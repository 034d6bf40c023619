-- ===== src/Constprop/Sound/Sums.antt =====
-- The carry loop of `lightrec_propagate_addi` on entries without a sign mask.
use lightrec.Base.{
  ℕ, zero, suc, ◌+◌, ◌^◌, ◌<◌, ◌≤◌, ◌≡◌, ◌⊎◌, ◌∙◌, sym, arith, Bool, true, false, not, ◌&&◌, ltb,
  leb, any_bit, IsU32, ==_cases, inl, inr, bit_and, bit_or, lnot, Bool-cases, add32,
}
use lightrec.Base.Bits.{
  bit, bit-lt-two, bit-bit_and, bit-bit_or, bit-lnot, bit_of_zero, bit-pow_self, bit_and-lt,
  bit_or-lt,
}
use lightrec.Optimizer.MaskBits.{any_bit_zero, digit_of_any, any_bit_one}
use lightrec.Constprop.Data.{ConstpropData, genmask, lowest_bit}
use lightrec.Constprop.Add.{addi_loop, known_sum, set_sum_bit, clear_bits, spoiled_to}
use lightrec.Constprop.Rounds.{spoiled_to-ge}
use lightrec.Constprop.Sound.Carry.{
  carry, carry_into-suc, carry_into-lt-two, add32_digit, of_bool, known_sum_digit, known_sum_carry,
  pow-lt,
}
use lightrec.Constprop.Sound.Below.{
  IsBelow, set_sum_bit-IsBelow, clear_bits-IsBelow, genmask_ones, genmask-lt, lowest_bit-digit,
  lowest_bit-lt,
}

module _ (s d : ConstpropData) (value end x y : ℕ) (s_word : IsU32 s.known)
    (sv_word : IsU32 s.value) (value_word : IsU32 value) (s_plain : s.sign ≡ 0)
    (d_plain : d.sign ≡ 0) (first : (i : ℕ) → i < 32 → bit s.known i ≡ 1 → bit s.value i ≡ bit x i)
    (second : (i : ℕ) → i < 32 → bit d.known i ≡ 1 → bit value i ≡ bit y i)
    (past : (i : ℕ) → i < 32 → end ≤ i → any_bit (bit_and s.known d.known) (2 ^ i) ≡ true) where
  both_known :
      (b : ℕ)
      → any_bit (bit_and s.known d.known) (2 ^ b) ≡ true
      → (bit s.known b ≡ 1) × (bit d.known b ≡ 1)
  both_known b h =
      let e = digit_of_any (bit_and s.known d.known) b h in
      (
        omega (arith, e, bit-bit_and s.known d.known b, bit-lt-two s.known b, bit-lt-two d.known b),
        omega (arith, e, bit-bit_and s.known d.known b, bit-lt-two s.known b, bit-lt-two d.known b),
      )

  -- A known digit of the sum, and the carry out of it.
  module _ (b : ℕ) (hb : b < 32) (c : Bool) (now : of_bool c ≡ carry x y b)
      (known : any_bit (bit_and s.known d.known) (2 ^ b) ≡ true) where
    known_digit : bit (known_sum b c s.value value) b ≡ bit (add32 x y) b
    known_digit =
        let k = both_known b known in
        omega (
          arith,
          known_sum_digit b hb c s.value value sv_word value_word,
          add32_digit x y b hb,
          now,
          first b hb k.0,
          second b hb k.1,
        )

    known_carry :
        b + 1 < 32
        → of_bool (any_bit (known_sum b c s.value value) (2 ^ (b + 1))) ≡ carry x y (b + 1)
    known_carry h =
        let k = both_known b known in
        let sum = known_sum b c s.value value in
        let next : carry x y (b + 1) ≡ bit sum (b + 1) =
          let e : b + 1 ≡ suc b = omega arith in
          let f = carry_into-suc x y 0 b in
          let g = known_sum_carry b hb c s.value value sv_word value_word h in
          rw e (f ∙ rw (← e) (omega (arith, g, now, first b hb k.0, second b hb k.1))) in
        elim (==_cases (bit sum (b + 1)) 1) [
          | inl one ↦ rw (any_bit_one sum (b + 1) one) (sym (next ∙ one))
          | inr ne ↦
              let z : bit sum (b + 1) ≡ 0 = ground (arith, bit-lt-two sum (b + 1)) in
              rw (any_bit_zero sum (b + 1) z) (sym (next ∙ z))
        ]

  -- No carry leaves a digit where one operand has 0 and no carry comes in, nor one where both have 0.
  abbrev IsQuiet : ℕ → Type 0
  IsQuiet b =
      (bit x b ≡ 0) × (carry x y b ≡ 0)
      ⊎ (bit y b ≡ 0) × (carry x y b ≡ 0)
      ⊎ (bit x b ≡ 0) × (bit y b ≡ 0)

  no_carry : (b : ℕ) → b < 32 → IsQuiet b → of_bool false ≡ carry x y (b + 1)
  no_carry b hb h =
      let e : b + 1 ≡ suc b = omega arith in
      rw (e, carry_into-suc x y 0 b)
        (ground (arith, h, bit-lt-two x b, bit-lt-two y b, carry_into-lt-two x y 0 b (omega arith)))

  known_zero :
      (k w z b : ℕ)
      → b < 32
      → IsU32 w
      → (bit k b ≡ 1 → bit w b ≡ bit z b)
      → bit (bit_and k (lnot w)) b ≡ 1
      → bit z b ≡ 0
  known_zero k w z b hb hw agrees h =
      let k1 : bit k b ≡ 1 =
        omega (arith, h, bit-bit_and k (lnot w) b, bit-lt-two k b, bit-lt-two (lnot w) b) in
      omega (arith, h, bit-bit_and k (lnot w) b, bit-lnot w b hw hb, agrees k1, bit-lt-two w b)

  abbrev zero_bits : ℕ
  zero_bits = bit_or (bit_and d.known (lnot value)) (bit_and s.known (lnot s.value))

  zero_digit : (b : ℕ) → b < 32 → any_bit zero_bits (2 ^ b) ≡ true → (bit x b ≡ 0) ⊎ (bit y b ≡ 0)
  zero_digit b hb h =
      let e = digit_of_any zero_bits b h in
      elim (==_cases (bit (bit_and d.known (lnot value)) b) 1) [
        | inl one ↦ inr (known_zero d.known value y b hb value_word (second b hb) one)
        | inr ne ↦ inl (
            known_zero s.known s.value x b hb sv_word (first b hb) (
              ground (
                arith,
                e,
                bit-bit_or (bit_and d.known (lnot value)) (bit_and s.known (lnot s.value)) b,
                bit-lt-two (bit_and d.known (lnot value)) b,
                bit-lt-two (bit_and s.known (lnot s.value)) b,
              )))
      ]

  abbrev both_zero : ℕ
  both_zero = bit_and (bit_and s.known d.known) (bit_and (lnot s.value) (lnot value))

  both_zero-digits : (b : ℕ) → b < 32 → bit both_zero b ≡ 1 → (bit x b ≡ 0) × (bit y b ≡ 0)
  both_zero-digits b hb h =
      let k = bit_and s.known d.known in
      let z = bit_and (lnot s.value) (lnot value) in
      let whole = bit-bit_and k z b in
      let k1 : bit k b ≡ 1 = omega (arith, h, whole, bit-lt-two k b, bit-lt-two z b) in
      let z1 : bit z b ≡ 1 = omega (arith, h, whole, bit-lt-two k b, bit-lt-two z b) in
      let known = both_known b (any_bit_one k b k1) in
      let values = bit-bit_and (lnot s.value) (lnot value) b in
      let sv = bit-lnot s.value b sv_word hb in
      let v = bit-lnot value b value_word hb in
      (
        omega (
          arith,
          z1,
          values,
          sv,
          v,
          first b hb known.0,
          bit-lt-two s.value b,
          bit-lt-two value b,
        ),
        omega (
          arith,
          z1,
          values,
          sv,
          v,
          second b hb known.1,
          bit-lt-two s.value b,
          bit-lt-two value b,
        ),
      )

  -- The run that an unknown digit spoils ends at bit 31, or where both digits are 0.
  record RunEnd (last : ℕ) : Type 0 where
    in_word : last < 32
    stopped : (31 ≤ last) ⊎ (bit x last ≡ 0) × (bit y last ≡ 0)

  spoiled_to-RunEnd : (b : ℕ) → b < 32 → RunEnd (spoiled_to b s value d)
  unfolding spoiled_to
  spoiled_to-RunEnd b hb =
      let marks = bit_or (bit_or both_zero 0) 0 in
      let stops = bit_and marks (genmask 31 b) in
      let zero_word =
        bit_and-lt (bit_and s.known d.known) (bit_and (lnot s.value) (lnot value))
          (bit_and-lt s.known d.known s_word) in
      let stops_word : IsU32 stops = bit_and-lt marks (genmask 31 b) (
        bit_or-lt (bit_or both_zero 0) 0 (bit_or-lt both_zero 0 zero_word (omega arith))
          (omega arith)) in
      let last = lowest_bit 32 0 stops in
      rw (s_plain, d_plain)
        (elim (==_cases stops 0) [
          | inl z ↦ rw z (record { in_word = omega arith; stopped = inl (omega arith) })
          | inr nz ↦
              let in_word : last < 0 + 32 =
                lowest_bit-lt 32 0 stops (λ j lt. absurd (omega arith)) stops_word (ground arith) in
              let one = lowest_bit-digit 32 0 stops in
              let lt : last < 32 = omega (arith, in_word) in
              let mark : bit both_zero last ≡ 1 = omega (
                arith,
                one in_word,
                bit-bit_and marks (genmask 31 b) last,
                bit-bit_or (bit_or both_zero 0) 0 last,
                bit-bit_or both_zero 0 last,
                bit_of_zero last,
                bit-lt-two both_zero last,
                bit-lt-two (genmask 31 b) last,
              ) in
              rw nz (record { in_word = lt; stopped = inr (both_zero-digits last lt mark) })
        ])

  rest-IsBelow :
      (b : ℕ) (r : ConstpropData) → 32 ≤ b → IsBelow b r (add32 x y) → IsBelow 32 r (add32 x y)
  rest-IsBelow b r h p = record {
    value_word = p.value_word;
    known_word = p.known_word;
    sign_word = p.sign_word;
    agrees = λ i lt hi k. p.agrees i (omega arith) hi k;
    plain = λ i lt hi. p.plain i (omega arith) hi;
  }

  -- Digit `b` is given up.
  cleared-IsBelow :
      (b : ℕ) (r : ConstpropData)
      → b < 32
      → IsBelow b r (add32 x y)
      → IsBelow (b + 1) (clear_bits (2 ^ b) r) (add32 x y)
  cleared-IsBelow b r hb p =
      clear_bits-IsBelow b (b + 1) (2 ^ b) r (add32 x y) (pow-lt b hb)
        (λ i le lt hi. let e : i ≡ b = omega arith in rw e (bit-pow_self b)) p

  spoiled-IsBelow :
      (b last : ℕ) (r : ConstpropData)
      → b ≤ last
      → last < 32
      → IsBelow b r (add32 x y)
      → IsBelow (last + 1) (clear_bits (genmask last b) (clear_bits (2 ^ b) r)) (add32 x y)
  spoiled-IsBelow b last r le hl p =
      clear_bits-IsBelow b (last + 1) (genmask last b) (clear_bits (2 ^ b) r) (add32 x y)
        (genmask-lt last b le hl) (λ i li lt hi. genmask_ones last b le hl i li (omega arith))
        (clear_bits-IsBelow b b (2 ^ b) r (add32 x y) (pow-lt b (omega arith))
          (λ i li lt hi. absurd (omega arith)) p)

  -- At an unknown digit the loop has not come past the last significant one.
  not_past :
      (b : ℕ) → b < 32 → any_bit (bit_and s.known d.known) (2 ^ b) ≡ false → leb end b ≡ false
  not_past b hb open_case = elim (Bool-cases (leb end b)) [
    | inr n ↦ n
    | inl y ↦ let k = past b hb (ground arith) in absurd (cc (k, open_case))
  ]

  one_zero :
      (b : ℕ)
      → b < 32
      → (c : Bool) → of_bool c ≡ carry x y b
      → (not c && any_bit zero_bits (2 ^ b)) ≡ true
      → IsQuiet b
  one_zero b hb true now h = absurd cc
  one_zero b hb false now h = elim (zero_digit b hb h) [
    | inl z ↦ inl (z, sym now)
    | inr z ↦ inr (inl (z, sym now))
  ]

  run_stopped : (last : ℕ) → RunEnd last → last + 1 < 32 → IsQuiet last
  run_stopped last run h = elim run.stopped [
    | inl top ↦ absurd (omega (arith, top))
    | inr z ↦ inr (inr z)
  ]

  pub loop-IsBelow :
      (fuel b : ℕ) (c : Bool) (r : ConstpropData)
      → 32 ≤ fuel + b
      → (b < 32 → of_bool c ≡ carry x y b)
      → IsBelow b r (add32 x y)
      → IsBelow 32 (addi_loop fuel b c end s value d r) (add32 x y)
  unfolding addi_loop
  loop-IsBelow zero b c r enough now p = rest-IsBelow b r (omega arith) p
  loop-IsBelow (suc fuel) b c r enough now p = elim (Bool-cases (ltb 31 b)) [
    | inl done ↦ rw done (rest-IsBelow b r (ground arith) p)
    | inr more ↦
        let hb : b < 32 = ground arith in
        let sum = known_sum b c s.value value in
        let last = spoiled_to b s value d in
        let cleared = clear_bits (2 ^ b) r in
        elim (Bool-cases (any_bit (bit_and s.known d.known) (2 ^ b))) [
          | inl known ↦
              rw (more, known)
                (loop-IsBelow fuel (b + 1) (any_bit sum (2 ^ (b + 1))) (set_sum_bit b sum r)
                  (omega arith) (known_carry b hb c (now hb) known)
                  (set_sum_bit-IsBelow b sum r (add32 x y) hb (known_digit b hb c (now hb) known)
                    p))
          | inr open_case ↦ elim (Bool-cases (not c && any_bit zero_bits (2 ^ b))) [
            | inl zero_here ↦
                rw (more, open_case, not_past b hb open_case, zero_here)
                  (loop-IsBelow fuel (b + 1) false (clear_bits (2 ^ b) r) (omega arith)
                    (λ h. no_carry b hb (one_zero b hb c (now hb) zero_here))
                    (cleared-IsBelow b r hb p))
            | inr spoiled ↦
                let run = spoiled_to-RunEnd b hb in
                let le = spoiled_to-ge b s value d hb in
                rw (more, open_case, not_past b hb open_case, spoiled)
                  (loop-IsBelow fuel (last + 1) false (clear_bits (genmask last b) cleared)
                    (omega (arith, le)) (λ h. no_carry last run.in_word (run_stopped last run h))
                    (spoiled-IsBelow b last r le run.in_word p))
          ]
        ]
  ]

:: Try it ::
Consider the entries above and return each line with the string "abbrev".

:: Exercise result ::
  abbrev IsQuiet : ℕ → Type 0
  abbrev zero_bits : ℕ
  abbrev both_zero : ℕ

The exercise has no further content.